*** Given records Section Begins ***
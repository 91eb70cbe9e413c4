-- ===== src/Net/Ip/Examples.antt =====
-- Two bytes of UDP from 10.0.2.15 to 10.0.2.2, padded to the least length of a frame.
use gooos.Common.{ℕ, ◌++◌, ◌≡◌, true, some, List, [], ◌∷◌, replicate, arith}
use gooos.Net.Bytes.{Mac}
use gooos.Net.Ip.{ethernet_dispatch, ipv4, ipv4_send, hand_up, ipv4_handle}
use gooos.Net.Ip.RoundTrip.{header, ipv4_send-handle}

abbrev mac : ℕ → Mac
mac n = record { b0 = 82; b1 = 84; b2 = 0; b3 = 18; b4 = 52; b5 = n }

ipv4_send-handle_example :
    (frame : List ℕ) × (packet : List ℕ) × (chksum : ℕ) × (ipv4_send true 167772687
        (mac 1)
        (some (mac 2))
        17
        167772674
        65535
        (7 ∷ 8 ∷ [])
      ≡ (0, some frame))
    × (ethernet_dispatch (mac 2) (frame ++ replicate 24 0) ≡ ipv4 packet)
    × (ipv4_handle 167772674 4294967040 packet
        ≡ hand_up (header 0 17 167772687 167772674 2 chksum) (7 ∷ 8 ∷ []))
ipv4_send-handle_example =
    ipv4_send-handle 167772687 167772674 4294967040 17 65535 (mac 1) (mac 2) (7 ∷ 8 ∷ [])
      (replicate 24 0) (omega arith) (omega arith) (omega arith) (omega arith) (omega arith)
      (omega arith) (omega arith)
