-- ===== src/Sync/Queue.antt =====
-- The bounded queues of src/kthread_queue.go. `fsReqQueue` and `udpDgramQueue` have one code over two
-- element types and two sizes, so the section takes the element type, its zero value and the size.
-- Each definition is what runs between `q.lock.Acquire()` and `q.lock.Release(flags)`.
pub mod Fifo
pub mod Wakeup
pub mod Examples
use gooos.Common.{
  ℕ, zero, suc, ◌+◌, ◌-◌, ◌%◌, Bool, true, false, Option, none, some, List, [], ◌∷◌, ltb, leb, ◌==◌,
  if◌then◌else◌, Array, update, u32,
}

-- A `*KernelThread` is a number. `producers` is the list that the `WakeLink`s form.
pub record Queue {ℓ} (A : Type ℓ) : Type ℓ where
  pub ring : Array A
  pub head : ℕ
  pub tail : ℕ
  pub count : ℕ
  pub producers : List ℕ
  pub consumer : Option ℕ

-- How one round of a blocking loop ends: it returns, and wakes a thread if there is one; the caller
-- parks; or, on no kernel thread, it spins and tries again.
pub data Outcome {ℓ} (R : Type ℓ) : Type ℓ where
  done : R → Option ℕ → Outcome R
  parks : Outcome R
  spins : Outcome R

abbrev pub first : List ℕ → Option ℕ
first [] = none
first (t ∷ ts) = some t

abbrev pub rest : List ℕ → List ℕ
rest [] = []
rest (t ∷ ts) = ts

module _ {ℓ} {A : Type ℓ} (cap : ℕ) (blank : A) where
  -- `newUdpDgramQueue`, and the zero value of `fsReqQ`
  unfoldable pub fresh : Queue A
  fresh = record {
    ring = λ _. blank;
    head = 0;
    tail = 0;
    count = 0;
    producers = [];
    consumer = none;
  }

  -- `q.ring[q.tail] = v; q.tail = ...; q.count++; q.consumer = nil`
  abbrev pub enqueue : A → Queue A → Queue A
  enqueue v q = record q {
    ring = update q.ring q.tail v;
    tail = u32 (q.tail + 1) % cap;
    count = u32 (q.count + 1);
    consumer = none;
  }

  -- the slot is cleared, and one producer leaves the list
  abbrev pub dequeue : Queue A → Queue A
  dequeue q = record q {
    ring = update q.ring q.head blank;
    head = u32 (q.head + 1) % cap;
    count = q.count - 1;
    producers = rest q.producers;
  }

  park_producer : Option ℕ → Queue A → Queue A × Outcome (Unit {0})
  park_producer none q = (q, spins)
  park_producer (some me) q = (record q { producers = me ∷ q.producers }, parks)

  -- one round of `Push`; `me` is `kschedRunning[cpu]`
  pub push : Option ℕ → A → Queue A → Queue A × Outcome (Unit {0})
  unfolding park_producer
  push me v q = if ltb q.count cap then (enqueue v q, done tt q.consumer) else park_producer me q

  -- a consumer that finds another one parked goes to the list of the producers
  abbrev park_behind : Option ℕ → ℕ → Queue A → Queue A
  park_behind none me q = record q { consumer = some me }
  park_behind (some other) me q = record q { producers = me ∷ q.producers }

  park_consumer : Option ℕ → Queue A → Queue A × Outcome A
  park_consumer none q = (q, spins)
  park_consumer (some me) q = (park_behind q.consumer me q, parks)

  -- one round of `Pop`
  pub pop : Option ℕ → Queue A → Queue A × Outcome A
  unfolding park_consumer
  pop me q =
      if ltb 0 q.count
      then (dequeue q, done (q.ring q.head) (first q.producers))
      else park_consumer me q

  -- the Boolean is the result, and the option is the consumer that is woken
  pub try_push : A → Queue A → Queue A × Bool × Option ℕ
  try_push v q = if leb cap q.count then (q, false, none) else (enqueue v q, true, q.consumer)

  pub try_pop : Queue A → Queue A × Option A × Option ℕ
  try_pop q =
      if q.count == 0 then (q, none, none) else (dequeue q, some (q.ring q.head), first q.producers)

-- `Len`
pub len {ℓ} : {A : Type ℓ} → Queue A → ℕ
len q = q.count
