-- ===== src/Net/Udp.antt =====
-- UDP (src/udp.go): parsing and checking of a datagram, what `udpSend` builds, and the table of bound
-- ports with the queues that datagrams are delivered to.
pub mod RoundTrip
pub mod Bindings
pub mod Examples
use gooos.Common.{
  ℕ, zero, suc, ◌+◌, ◌-◌, ◌/◌, Bool, true, false, not, ◌&&◌, ◌||◌, Option, none, some, List, [],
  ◌∷◌, ltb, leb, ◌==◌, if◌then◌else◌, Array, update, length, take, drop, set, u8, u64,
}
use gooos.Net.Bytes.{read_u16}
use gooos.Net.Checksum.{checksum}
use gooos.Sync.Queue.{Queue, fresh, try_push}

pub record UdpHeader : Type 0 where
  pub src_port : ℕ
  pub dst_port : ℕ
  pub len : ℕ
  pub chksum : ℕ

pub record UdpDatagram : Type 0 where
  pub src_ip : ℕ
  pub src_port : ℕ
  pub dst_port : ℕ
  pub bytes : List ℕ

unfoldable pub parse_header : List ℕ → UdpHeader
parse_header p = record {
  src_port = read_u16 p 0;
  dst_port = read_u16 p 2;
  len = read_u16 p 4;
  chksum = read_u16 p 6;
}

-- `udpParse`; `none` is `ok=false`, whose other results its caller does not read
unfoldable pub udp_parse : List ℕ → Option (UdpHeader × List ℕ)
udp_parse p =
    let h = parse_header p in
    if ltb (length p) 8
    then none
    else if ltb (length p) h.len || ltb h.len 8
    then none
    else some (h, take (h.len - 8) (drop 8 p))

-- `udpChecksum`; 17 is `ipProtoUDP`
unfoldable pub udp_checksum : ℕ → ℕ → List ℕ → ℕ
udp_checksum src_ip dst_ip p = let c = checksum 17 src_ip dst_ip p in if c == 0 then 65535 else c

unfoldable pub udp_checksum_verify : ℕ → ℕ → List ℕ → Bool
udp_checksum_verify src_ip dst_ip p =
    let wire = read_u16 p 6 in
    if ltb (length p) 8
    then false
    else if wire == 0
    then true
    else udp_checksum src_ip dst_ip (set (set p 6 0) 7 0) == wire

-- the packet of `udpSend` before its checksum is set
unfoldable pub unsealed : ℕ → ℕ → List ℕ → List ℕ
unsealed src_port dst_port payload =
    u8 (src_port / 256)
    ∷ u8 src_port
    ∷ u8 (dst_port / 256)
    ∷ u8 dst_port
    ∷ u8 ((8 + length payload) / 256)
    ∷ u8 (8 + length payload)
    ∷ 0
    ∷ 0
    ∷ payload

abbrev pub sealed : ℕ → List ℕ → List ℕ
sealed c p = set (set p 6 (u8 (c / 256))) 7 (u8 c)

-- `udpSend` up to its call of `ipv4Send`; 1480 is `ipv4MaxPayload`
unfoldable pub udp_send : ℕ → ℕ → ℕ → ℕ → List ℕ → Option (List ℕ)
udp_send our_ip dst_ip dst_port src_port payload =
    let p = unsealed src_port dst_port payload in
    if ltb 1480 (length payload + 8) then none else some (sealed (udp_checksum our_ip dst_ip p) p)

-- `Q` is the number of a queue, and `nil` is `none`.
pub record UdpBinding : Type 0 where
  pub port : ℕ
  pub q : Option ℕ
  pub active : Bool

-- the counters of `netStats` that UDP writes
pub record UdpStats : Type 0 where
  pub checksum_err : ℕ
  pub udp_port_unreach : ℕ
  pub udp_recv : ℕ
  pub rx_dropped : ℕ

-- `udpBindings`, and the queues that were made, the first `made` of them
pub record Udp : Type 0 where
  pub bindings : List UdpBinding
  pub queues : Array (Queue UdpDatagram)
  pub made : ℕ
  pub stats : UdpStats

-- whether an active binding has the port
unfoldable pub is_bound : ℕ → List UdpBinding → Bool
is_bound port [] = false
is_bound port (b ∷ bs) = (b.active && b.port == port) || is_bound port bs

-- the first binding that is not active takes the port
unfoldable pub fill : ℕ → Option ℕ → List UdpBinding → List UdpBinding × Bool
fill port q [] = ([], false)
fill port q (b ∷ bs) =
    let (rest, ok) = fill port q bs in
    if b.active then (b ∷ rest, ok) else (record { port = port; q = q; active = true } ∷ bs, true)

-- `udpBindWithQueue`
unfoldable pub udp_bind_with_queue : ℕ → Option ℕ → List UdpBinding → List UdpBinding × Bool
udp_bind_with_queue port none bs = (bs, false)
udp_bind_with_queue port (some q) bs =
    if is_bound port bs then (bs, false) else fill port (some q) bs

abbrev pub blank : UdpDatagram
blank = record { src_ip = 0; src_port = 0; dst_port = 0; bytes = [] }

-- `udpBind`, with the queue that it makes
unfoldable pub udp_bind : ℕ → Udp → Udp × Option ℕ
udp_bind port s =
    let (bs, ok) = fill port (some s.made) s.bindings in
    if is_bound port s.bindings
    then (s, none)
    else if ok
    then (
      record s {
        bindings = bs;
        queues = update s.queues s.made (fresh 16 blank);
        made = s.made + 1;
      },
      some s.made,
    )
    else (s, none)

-- `udpUnbind`
unfoldable pub udp_unbind : ℕ → List UdpBinding → List UdpBinding
udp_unbind port [] = []
udp_unbind port (b ∷ bs) =
    (if b.active && b.port == port then record b { active = false; q = none } else b)
    ∷ udp_unbind port bs

-- `udpLookupQueue`
unfoldable pub udp_lookup_queue : ℕ → List UdpBinding → Option ℕ
udp_lookup_queue port [] = none
udp_lookup_queue port (b ∷ bs) =
    let later = udp_lookup_queue port bs in if b.active && b.port == port then b.q else later

-- `statsInc` on a counter
abbrev pub stats_inc : ℕ → ℕ
stats_inc n = u64 (n + 1)

-- the end of `udpHandle`, with the thread that the push wakes
unfoldable pub deliver : UdpDatagram → Udp → Udp × Option ℕ
deliver d s =
    let st = s.stats in
    elim (udp_lookup_queue d.dst_port s.bindings) [
      | none ↦ (
        record s { stats = record st { udp_port_unreach = stats_inc st.udp_port_unreach } },
        none,
      )
      | some i ↦
          let (q, ok, woken) = try_push 16 blank d (s.queues i) in
          (
            record s {
              queues = update s.queues i q;
              stats =
                  if ok
                  then record st { udp_recv = stats_inc st.udp_recv }
                  else record st { rx_dropped = stats_inc st.rx_dropped };
            },
            woken,
          )
    ]

-- `udpHandle`, with the addresses of the IP header
unfoldable pub udp_handle : ℕ → ℕ → List ℕ → Udp → Udp × Option ℕ
udp_handle src_ip dst_ip inner s =
    let st = s.stats in
    elim (udp_parse inner) [
      | none ↦ (s, none)
      | some (h, payload) ↦
          if udp_checksum_verify src_ip dst_ip (take h.len inner)
          then deliver
              (record {
                src_ip = src_ip;
                src_port = h.src_port;
                dst_port = h.dst_port;
                bytes = payload;
              })
              s
          else (record s { stats = record st { checksum_err = stats_inc st.checksum_err } }, none)
    ]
*** Given records Section Ends ***
§ **Task directions**:
Retype, exactly as written, everything from the first line of the data above through the line containing "abbrev pub rest : List ℕ → List ℕ". Nothing else should appear.

§ **Expected output**:
repository 91eb70cbe9e413c4
-- ===== src/Net/Ip/Examples.antt =====
-- Two bytes of UDP from 10.0.2.15 to 10.0.2.2, padded to the least length of a frame.
use gooos.Common.{ℕ, ◌++◌, ◌≡◌, true, some, List, [], ◌∷◌, replicate, arith}
use gooos.Net.Bytes.{Mac}
use gooos.Net.Ip.{ethernet_dispatch, ipv4, ipv4_send, hand_up, ipv4_handle}
use gooos.Net.Ip.RoundTrip.{header, ipv4_send-handle}

abbrev mac : ℕ → Mac
mac n = record { b0 = 82; b1 = 84; b2 = 0; b3 = 18; b4 = 52; b5 = n }

ipv4_send-handle_example :
    (frame : List ℕ) × (packet : List ℕ) × (chksum : ℕ) × (ipv4_send true 167772687
        (mac 1)
        (some (mac 2))
        17
        167772674
        65535
        (7 ∷ 8 ∷ [])
      ≡ (0, some frame))
    × (ethernet_dispatch (mac 2) (frame ++ replicate 24 0) ≡ ipv4 packet)
    × (ipv4_handle 167772674 4294967040 packet
        ≡ hand_up (header 0 17 167772687 167772674 2 chksum) (7 ∷ 8 ∷ []))
ipv4_send-handle_example =
    ipv4_send-handle 167772687 167772674 4294967040 17 65535 (mac 1) (mac 2) (7 ∷ 8 ∷ [])
      (replicate 24 0) (omega arith) (omega arith) (omega arith) (omega arith) (omega arith)
      (omega arith) (omega arith)
-- ===== src/Sync/Queue.antt =====
-- The bounded queues of src/kthread_queue.go. `fsReqQueue` and `udpDgramQueue` have one code over two
-- element types and two sizes, so the section takes the element type, its zero value and the size.
-- Each definition is what runs between `q.lock.Acquire()` and `q.lock.Release(flags)`.
pub mod Fifo
pub mod Wakeup
pub mod Examples
use gooos.Common.{
  ℕ, zero, suc, ◌+◌, ◌-◌, ◌%◌, Bool, true, false, Option, none, some, List, [], ◌∷◌, ltb, leb, ◌==◌,
  if◌then◌else◌, Array, update, u32,
}

-- A `*KernelThread` is a number. `producers` is the list that the `WakeLink`s form.
pub record Queue {ℓ} (A : Type ℓ) : Type ℓ where
  pub ring : Array A
  pub head : ℕ
  pub tail : ℕ
  pub count : ℕ
  pub producers : List ℕ
  pub consumer : Option ℕ

-- How one round of a blocking loop ends: it returns, and wakes a thread if there is one; the caller
-- parks; or, on no kernel thread, it spins and tries again.
pub data Outcome {ℓ} (R : Type ℓ) : Type ℓ where
  done : R → Option ℕ → Outcome R
  parks : Outcome R
  spins : Outcome R

abbrev pub first : List ℕ → Option ℕ
first [] = none
first (t ∷ ts) = some t

abbrev pub rest : List ℕ → List ℕ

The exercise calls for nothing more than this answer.